Assignment: In the records below, find the line containing "agreed_bit (s.regs.driver_features 0)" and the line containing "-- page of 4096"; please repeat exactly the lines from one to the other, both included, and nothing more.

Stored data:
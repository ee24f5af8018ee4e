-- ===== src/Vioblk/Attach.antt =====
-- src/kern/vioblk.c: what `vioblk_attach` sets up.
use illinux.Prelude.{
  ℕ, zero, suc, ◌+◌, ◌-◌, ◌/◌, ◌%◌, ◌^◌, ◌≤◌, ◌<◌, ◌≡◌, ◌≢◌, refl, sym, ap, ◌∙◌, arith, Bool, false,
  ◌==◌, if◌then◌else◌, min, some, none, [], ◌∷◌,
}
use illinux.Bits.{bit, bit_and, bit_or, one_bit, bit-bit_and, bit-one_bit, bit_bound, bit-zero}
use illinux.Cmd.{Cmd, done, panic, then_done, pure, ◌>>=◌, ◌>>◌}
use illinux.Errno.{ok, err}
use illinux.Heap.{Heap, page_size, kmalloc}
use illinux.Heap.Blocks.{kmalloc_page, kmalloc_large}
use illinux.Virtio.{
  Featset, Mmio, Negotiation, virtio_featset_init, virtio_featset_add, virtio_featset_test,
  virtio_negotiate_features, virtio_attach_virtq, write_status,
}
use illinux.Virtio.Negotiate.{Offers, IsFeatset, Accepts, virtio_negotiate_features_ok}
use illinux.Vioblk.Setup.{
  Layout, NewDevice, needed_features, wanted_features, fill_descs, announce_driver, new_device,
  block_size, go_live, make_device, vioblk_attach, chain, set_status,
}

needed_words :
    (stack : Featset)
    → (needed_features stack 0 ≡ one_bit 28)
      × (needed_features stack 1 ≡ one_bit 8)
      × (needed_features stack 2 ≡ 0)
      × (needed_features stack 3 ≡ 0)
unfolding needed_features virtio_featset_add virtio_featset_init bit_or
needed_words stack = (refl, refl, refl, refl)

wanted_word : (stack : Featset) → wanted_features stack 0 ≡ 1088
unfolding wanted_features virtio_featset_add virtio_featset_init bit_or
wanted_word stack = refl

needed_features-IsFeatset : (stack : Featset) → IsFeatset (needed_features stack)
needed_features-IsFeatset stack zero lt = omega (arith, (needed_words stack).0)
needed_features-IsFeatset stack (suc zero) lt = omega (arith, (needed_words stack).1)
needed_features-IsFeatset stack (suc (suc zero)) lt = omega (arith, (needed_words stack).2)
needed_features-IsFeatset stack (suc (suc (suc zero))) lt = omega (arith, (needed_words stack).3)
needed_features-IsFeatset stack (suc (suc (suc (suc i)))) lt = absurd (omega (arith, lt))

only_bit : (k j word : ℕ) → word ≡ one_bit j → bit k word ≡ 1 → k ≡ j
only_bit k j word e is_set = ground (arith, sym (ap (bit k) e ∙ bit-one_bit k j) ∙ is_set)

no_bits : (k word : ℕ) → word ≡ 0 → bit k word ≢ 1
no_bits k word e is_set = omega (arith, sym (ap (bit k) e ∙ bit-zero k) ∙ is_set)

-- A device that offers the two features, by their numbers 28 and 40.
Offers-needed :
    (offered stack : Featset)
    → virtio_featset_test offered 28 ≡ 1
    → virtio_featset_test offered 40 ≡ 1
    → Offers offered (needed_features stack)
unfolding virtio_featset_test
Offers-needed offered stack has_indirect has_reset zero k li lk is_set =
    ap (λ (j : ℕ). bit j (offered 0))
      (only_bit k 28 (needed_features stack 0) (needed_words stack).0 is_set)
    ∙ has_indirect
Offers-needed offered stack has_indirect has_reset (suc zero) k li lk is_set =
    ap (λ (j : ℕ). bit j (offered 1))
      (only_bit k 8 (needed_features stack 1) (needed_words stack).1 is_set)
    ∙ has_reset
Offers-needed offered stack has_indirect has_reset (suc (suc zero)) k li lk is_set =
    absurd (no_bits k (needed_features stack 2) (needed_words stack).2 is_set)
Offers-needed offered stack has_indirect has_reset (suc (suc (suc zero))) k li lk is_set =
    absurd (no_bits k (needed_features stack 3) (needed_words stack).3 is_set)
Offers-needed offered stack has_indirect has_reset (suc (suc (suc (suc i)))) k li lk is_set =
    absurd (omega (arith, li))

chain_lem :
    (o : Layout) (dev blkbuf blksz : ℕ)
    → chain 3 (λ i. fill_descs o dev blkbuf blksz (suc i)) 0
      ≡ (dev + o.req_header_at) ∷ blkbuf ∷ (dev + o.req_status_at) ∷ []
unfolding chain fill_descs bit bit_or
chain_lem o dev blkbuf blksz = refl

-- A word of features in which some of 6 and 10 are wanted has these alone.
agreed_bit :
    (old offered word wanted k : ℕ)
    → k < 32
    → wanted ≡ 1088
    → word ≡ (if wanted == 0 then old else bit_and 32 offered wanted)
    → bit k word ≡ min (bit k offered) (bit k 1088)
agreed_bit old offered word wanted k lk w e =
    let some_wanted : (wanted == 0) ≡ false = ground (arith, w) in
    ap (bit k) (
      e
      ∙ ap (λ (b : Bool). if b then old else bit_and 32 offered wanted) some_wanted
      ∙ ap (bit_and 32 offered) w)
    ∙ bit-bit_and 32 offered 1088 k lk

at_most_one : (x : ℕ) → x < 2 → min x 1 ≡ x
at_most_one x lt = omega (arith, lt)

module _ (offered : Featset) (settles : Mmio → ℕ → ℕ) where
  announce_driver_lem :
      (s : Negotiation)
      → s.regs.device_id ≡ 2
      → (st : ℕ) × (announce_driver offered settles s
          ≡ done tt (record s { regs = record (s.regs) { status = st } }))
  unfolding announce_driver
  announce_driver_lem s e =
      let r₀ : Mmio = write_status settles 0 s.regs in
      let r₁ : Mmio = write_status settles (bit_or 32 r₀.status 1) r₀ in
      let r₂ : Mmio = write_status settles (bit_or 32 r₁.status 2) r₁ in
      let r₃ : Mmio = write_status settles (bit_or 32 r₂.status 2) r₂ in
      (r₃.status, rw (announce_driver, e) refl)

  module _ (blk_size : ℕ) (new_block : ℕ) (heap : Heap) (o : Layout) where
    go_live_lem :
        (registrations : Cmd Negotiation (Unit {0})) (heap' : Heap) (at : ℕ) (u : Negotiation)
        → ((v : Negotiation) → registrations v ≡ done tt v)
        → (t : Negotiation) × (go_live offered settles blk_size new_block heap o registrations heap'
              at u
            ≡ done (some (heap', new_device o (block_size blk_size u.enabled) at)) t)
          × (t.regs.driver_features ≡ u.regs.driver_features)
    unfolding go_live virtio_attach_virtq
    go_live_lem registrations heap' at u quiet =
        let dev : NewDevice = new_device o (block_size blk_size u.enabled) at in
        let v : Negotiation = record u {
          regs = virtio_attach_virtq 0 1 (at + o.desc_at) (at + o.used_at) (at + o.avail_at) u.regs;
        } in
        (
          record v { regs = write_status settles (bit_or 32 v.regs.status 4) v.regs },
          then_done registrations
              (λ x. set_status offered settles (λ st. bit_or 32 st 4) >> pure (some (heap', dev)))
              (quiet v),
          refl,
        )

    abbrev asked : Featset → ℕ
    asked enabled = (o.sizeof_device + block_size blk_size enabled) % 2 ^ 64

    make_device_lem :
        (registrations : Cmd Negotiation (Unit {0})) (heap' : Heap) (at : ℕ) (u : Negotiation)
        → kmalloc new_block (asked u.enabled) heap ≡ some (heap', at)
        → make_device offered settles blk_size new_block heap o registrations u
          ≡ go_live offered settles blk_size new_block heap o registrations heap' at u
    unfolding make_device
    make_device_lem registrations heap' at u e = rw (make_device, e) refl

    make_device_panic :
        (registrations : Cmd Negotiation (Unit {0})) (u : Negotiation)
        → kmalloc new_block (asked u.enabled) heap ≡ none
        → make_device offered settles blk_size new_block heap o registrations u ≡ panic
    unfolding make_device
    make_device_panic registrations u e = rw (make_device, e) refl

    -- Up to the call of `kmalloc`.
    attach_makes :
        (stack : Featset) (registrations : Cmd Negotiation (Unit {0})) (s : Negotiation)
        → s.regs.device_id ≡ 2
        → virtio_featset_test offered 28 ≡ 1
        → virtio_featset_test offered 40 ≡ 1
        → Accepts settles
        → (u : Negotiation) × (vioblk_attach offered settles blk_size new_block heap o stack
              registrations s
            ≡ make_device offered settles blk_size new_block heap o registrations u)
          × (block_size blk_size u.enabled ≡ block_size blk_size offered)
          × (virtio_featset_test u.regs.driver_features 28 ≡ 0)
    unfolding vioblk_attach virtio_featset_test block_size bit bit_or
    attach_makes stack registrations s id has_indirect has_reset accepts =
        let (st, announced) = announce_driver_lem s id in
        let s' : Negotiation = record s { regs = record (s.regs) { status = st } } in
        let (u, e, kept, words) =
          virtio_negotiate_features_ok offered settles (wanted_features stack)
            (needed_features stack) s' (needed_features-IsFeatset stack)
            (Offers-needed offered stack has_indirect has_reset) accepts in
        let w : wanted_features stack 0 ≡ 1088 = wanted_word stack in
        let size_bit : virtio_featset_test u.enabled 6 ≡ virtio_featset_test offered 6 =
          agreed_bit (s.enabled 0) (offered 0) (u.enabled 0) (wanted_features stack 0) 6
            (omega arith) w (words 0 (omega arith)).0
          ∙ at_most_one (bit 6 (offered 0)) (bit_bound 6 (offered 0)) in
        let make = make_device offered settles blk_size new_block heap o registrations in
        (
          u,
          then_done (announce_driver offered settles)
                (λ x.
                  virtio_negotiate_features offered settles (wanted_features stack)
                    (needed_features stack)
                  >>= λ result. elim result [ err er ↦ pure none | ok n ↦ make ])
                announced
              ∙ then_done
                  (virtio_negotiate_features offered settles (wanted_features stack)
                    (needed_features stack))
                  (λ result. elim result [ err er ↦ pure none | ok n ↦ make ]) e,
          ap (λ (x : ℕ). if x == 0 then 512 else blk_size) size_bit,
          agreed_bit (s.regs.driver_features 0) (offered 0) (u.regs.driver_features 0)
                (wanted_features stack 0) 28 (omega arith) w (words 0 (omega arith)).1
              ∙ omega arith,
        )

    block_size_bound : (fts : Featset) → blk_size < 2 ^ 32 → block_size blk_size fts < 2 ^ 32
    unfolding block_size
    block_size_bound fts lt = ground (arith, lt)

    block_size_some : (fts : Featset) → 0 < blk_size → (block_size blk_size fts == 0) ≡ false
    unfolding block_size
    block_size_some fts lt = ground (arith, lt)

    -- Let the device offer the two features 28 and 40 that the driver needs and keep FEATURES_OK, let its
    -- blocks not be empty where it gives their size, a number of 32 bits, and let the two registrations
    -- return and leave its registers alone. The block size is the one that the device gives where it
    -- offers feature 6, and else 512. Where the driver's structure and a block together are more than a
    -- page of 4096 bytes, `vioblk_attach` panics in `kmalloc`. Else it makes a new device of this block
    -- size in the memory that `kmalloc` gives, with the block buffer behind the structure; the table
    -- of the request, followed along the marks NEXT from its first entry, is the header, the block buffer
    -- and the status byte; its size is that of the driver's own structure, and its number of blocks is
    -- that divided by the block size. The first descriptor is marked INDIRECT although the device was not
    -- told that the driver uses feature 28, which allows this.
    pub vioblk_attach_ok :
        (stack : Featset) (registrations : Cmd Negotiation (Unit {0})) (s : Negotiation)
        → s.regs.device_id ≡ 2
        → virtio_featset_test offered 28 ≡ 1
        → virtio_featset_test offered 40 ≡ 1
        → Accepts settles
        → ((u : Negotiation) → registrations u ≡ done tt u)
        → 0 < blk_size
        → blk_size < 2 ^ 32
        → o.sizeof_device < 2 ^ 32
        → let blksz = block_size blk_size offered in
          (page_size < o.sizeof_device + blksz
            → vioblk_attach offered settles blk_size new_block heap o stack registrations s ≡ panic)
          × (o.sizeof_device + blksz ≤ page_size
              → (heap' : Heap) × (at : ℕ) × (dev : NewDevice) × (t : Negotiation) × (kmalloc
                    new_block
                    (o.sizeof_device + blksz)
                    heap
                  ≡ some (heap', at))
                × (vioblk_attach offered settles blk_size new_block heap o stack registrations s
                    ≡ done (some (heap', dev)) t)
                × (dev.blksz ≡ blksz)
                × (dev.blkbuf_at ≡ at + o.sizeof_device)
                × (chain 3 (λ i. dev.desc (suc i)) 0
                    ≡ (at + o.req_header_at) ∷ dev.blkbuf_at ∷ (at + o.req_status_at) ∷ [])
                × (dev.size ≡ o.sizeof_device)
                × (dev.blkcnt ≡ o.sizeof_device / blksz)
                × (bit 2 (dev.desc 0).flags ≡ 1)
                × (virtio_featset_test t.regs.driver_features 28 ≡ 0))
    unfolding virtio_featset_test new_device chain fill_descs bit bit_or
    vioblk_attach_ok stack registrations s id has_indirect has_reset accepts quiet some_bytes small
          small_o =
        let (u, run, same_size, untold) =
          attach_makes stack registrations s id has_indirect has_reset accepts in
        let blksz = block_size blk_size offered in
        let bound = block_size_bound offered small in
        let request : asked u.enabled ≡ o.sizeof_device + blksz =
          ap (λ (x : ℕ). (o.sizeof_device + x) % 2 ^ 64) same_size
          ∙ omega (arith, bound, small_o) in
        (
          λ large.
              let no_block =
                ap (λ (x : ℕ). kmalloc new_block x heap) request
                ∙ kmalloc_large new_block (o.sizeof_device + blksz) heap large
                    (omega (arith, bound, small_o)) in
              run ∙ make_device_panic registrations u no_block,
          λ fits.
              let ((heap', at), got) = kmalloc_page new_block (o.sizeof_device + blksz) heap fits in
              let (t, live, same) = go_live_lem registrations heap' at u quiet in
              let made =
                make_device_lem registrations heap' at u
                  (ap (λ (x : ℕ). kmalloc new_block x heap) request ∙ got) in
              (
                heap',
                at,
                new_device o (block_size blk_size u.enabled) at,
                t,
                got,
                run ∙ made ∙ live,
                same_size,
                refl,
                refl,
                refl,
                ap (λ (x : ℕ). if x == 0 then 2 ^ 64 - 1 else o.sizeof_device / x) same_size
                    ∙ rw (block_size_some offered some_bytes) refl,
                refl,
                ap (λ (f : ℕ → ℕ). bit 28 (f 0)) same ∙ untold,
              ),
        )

* * *

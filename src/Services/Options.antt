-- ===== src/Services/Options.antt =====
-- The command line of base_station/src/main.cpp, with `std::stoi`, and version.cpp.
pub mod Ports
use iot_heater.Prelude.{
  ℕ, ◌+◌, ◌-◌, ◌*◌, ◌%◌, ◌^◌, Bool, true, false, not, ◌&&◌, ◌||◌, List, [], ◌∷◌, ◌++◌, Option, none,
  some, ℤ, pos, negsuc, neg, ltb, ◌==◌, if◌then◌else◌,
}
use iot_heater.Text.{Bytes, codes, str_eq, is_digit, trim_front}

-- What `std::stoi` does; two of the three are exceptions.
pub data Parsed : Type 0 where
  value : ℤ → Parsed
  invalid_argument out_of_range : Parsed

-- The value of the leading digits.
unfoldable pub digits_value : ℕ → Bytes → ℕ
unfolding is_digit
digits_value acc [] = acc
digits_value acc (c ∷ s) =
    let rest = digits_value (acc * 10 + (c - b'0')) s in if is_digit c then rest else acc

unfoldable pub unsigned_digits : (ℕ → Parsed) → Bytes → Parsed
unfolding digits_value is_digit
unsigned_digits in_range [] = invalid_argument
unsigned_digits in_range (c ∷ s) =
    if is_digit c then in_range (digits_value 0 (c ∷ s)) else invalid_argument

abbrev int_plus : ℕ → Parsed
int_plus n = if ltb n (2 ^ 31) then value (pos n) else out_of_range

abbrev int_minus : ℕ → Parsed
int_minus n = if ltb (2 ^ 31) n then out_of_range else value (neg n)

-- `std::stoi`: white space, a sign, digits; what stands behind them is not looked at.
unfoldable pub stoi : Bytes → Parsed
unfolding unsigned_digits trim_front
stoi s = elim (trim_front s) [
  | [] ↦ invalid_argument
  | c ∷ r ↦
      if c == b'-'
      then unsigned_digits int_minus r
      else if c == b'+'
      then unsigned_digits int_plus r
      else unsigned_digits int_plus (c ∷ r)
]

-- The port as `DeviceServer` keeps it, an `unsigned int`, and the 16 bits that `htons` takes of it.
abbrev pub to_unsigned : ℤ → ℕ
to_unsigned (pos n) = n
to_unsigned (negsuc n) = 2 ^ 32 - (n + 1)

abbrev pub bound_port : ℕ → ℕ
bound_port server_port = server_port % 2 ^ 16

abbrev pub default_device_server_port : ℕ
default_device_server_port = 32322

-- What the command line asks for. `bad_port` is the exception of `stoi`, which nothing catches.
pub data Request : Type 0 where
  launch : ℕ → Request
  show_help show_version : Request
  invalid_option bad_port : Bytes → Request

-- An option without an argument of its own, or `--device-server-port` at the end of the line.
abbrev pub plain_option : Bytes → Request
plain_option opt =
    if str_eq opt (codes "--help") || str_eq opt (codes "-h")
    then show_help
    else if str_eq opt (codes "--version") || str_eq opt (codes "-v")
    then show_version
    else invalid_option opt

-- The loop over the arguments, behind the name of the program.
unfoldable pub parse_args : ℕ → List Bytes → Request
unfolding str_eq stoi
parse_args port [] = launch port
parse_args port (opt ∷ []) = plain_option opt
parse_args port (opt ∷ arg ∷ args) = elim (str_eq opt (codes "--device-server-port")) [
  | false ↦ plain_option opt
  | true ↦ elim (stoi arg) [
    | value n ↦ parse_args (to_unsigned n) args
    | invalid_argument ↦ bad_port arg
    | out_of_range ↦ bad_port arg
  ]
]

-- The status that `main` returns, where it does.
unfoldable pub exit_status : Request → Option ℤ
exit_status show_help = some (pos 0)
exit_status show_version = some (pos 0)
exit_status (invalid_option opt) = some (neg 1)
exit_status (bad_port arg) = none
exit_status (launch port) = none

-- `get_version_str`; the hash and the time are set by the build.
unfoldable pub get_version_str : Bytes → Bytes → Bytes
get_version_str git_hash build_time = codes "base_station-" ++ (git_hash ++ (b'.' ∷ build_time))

--

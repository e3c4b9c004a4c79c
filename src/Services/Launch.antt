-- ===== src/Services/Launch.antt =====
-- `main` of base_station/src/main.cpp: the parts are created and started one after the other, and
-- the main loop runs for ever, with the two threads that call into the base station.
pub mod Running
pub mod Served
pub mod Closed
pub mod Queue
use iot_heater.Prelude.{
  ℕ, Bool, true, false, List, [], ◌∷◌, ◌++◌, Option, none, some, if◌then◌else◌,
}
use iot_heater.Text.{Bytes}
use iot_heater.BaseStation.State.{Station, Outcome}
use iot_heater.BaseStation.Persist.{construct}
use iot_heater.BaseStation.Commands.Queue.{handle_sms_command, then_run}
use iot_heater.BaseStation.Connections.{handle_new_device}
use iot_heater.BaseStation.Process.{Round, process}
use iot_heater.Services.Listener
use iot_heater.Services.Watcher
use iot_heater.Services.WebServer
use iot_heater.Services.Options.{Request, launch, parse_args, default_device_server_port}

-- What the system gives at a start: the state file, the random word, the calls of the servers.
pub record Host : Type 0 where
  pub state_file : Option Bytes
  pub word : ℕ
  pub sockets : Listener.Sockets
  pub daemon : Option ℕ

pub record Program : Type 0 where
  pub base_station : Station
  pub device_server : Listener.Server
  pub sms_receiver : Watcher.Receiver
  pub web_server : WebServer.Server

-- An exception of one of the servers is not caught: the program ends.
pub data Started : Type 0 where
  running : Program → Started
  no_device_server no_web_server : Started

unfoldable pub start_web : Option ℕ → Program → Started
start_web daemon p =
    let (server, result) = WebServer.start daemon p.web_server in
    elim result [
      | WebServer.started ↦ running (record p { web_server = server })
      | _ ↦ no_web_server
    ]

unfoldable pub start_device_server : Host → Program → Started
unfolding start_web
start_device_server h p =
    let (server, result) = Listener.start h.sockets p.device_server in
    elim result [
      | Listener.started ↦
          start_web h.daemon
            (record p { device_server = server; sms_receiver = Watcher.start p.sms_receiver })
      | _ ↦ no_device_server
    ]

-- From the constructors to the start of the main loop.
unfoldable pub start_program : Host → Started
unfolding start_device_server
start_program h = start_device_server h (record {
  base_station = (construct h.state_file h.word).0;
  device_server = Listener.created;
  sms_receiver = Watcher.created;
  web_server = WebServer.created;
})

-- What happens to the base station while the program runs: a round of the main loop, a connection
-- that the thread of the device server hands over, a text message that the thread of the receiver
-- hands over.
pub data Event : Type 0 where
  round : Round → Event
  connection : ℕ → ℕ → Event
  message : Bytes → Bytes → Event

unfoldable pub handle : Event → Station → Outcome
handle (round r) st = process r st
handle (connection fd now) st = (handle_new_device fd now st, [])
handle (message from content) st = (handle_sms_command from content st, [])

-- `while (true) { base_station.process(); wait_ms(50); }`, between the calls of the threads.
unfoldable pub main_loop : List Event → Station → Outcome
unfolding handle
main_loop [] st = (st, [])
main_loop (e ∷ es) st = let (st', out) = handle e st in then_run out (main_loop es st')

Task solution:
          agreed_bit (s.regs.driver_features 0) (offered 0) (u.regs.driver_features 0)
                (wanted_features stack 0) 28 (omega arith) w (words 0 (omega arith)).1
              ∙ omega arith,
        )

    block_size_bound : (fts : Featset) → blk_size < 2 ^ 32 → block_size blk_size fts < 2 ^ 32
    unfolding block_size
    block_size_bound fts lt = ground (arith, lt)

    block_size_some : (fts : Featset) → 0 < blk_size → (block_size blk_size fts == 0) ≡ false
    unfolding block_size
    block_size_some fts lt = ground (arith, lt)

    -- Let the device offer the two features 28 and 40 that the driver needs and keep FEATURES_OK, let its
    -- blocks not be empty where it gives their size, a number of 32 bits, and let the two registrations
    -- return and leave its registers alone. The block size is the one that the device gives where it
    -- offers feature 6, and else 512. Where the driver's structure and a block together are more than a
    -- page of 4096 bytes, `vioblk_attach` panics in `kmalloc`. Else it makes a new device of this block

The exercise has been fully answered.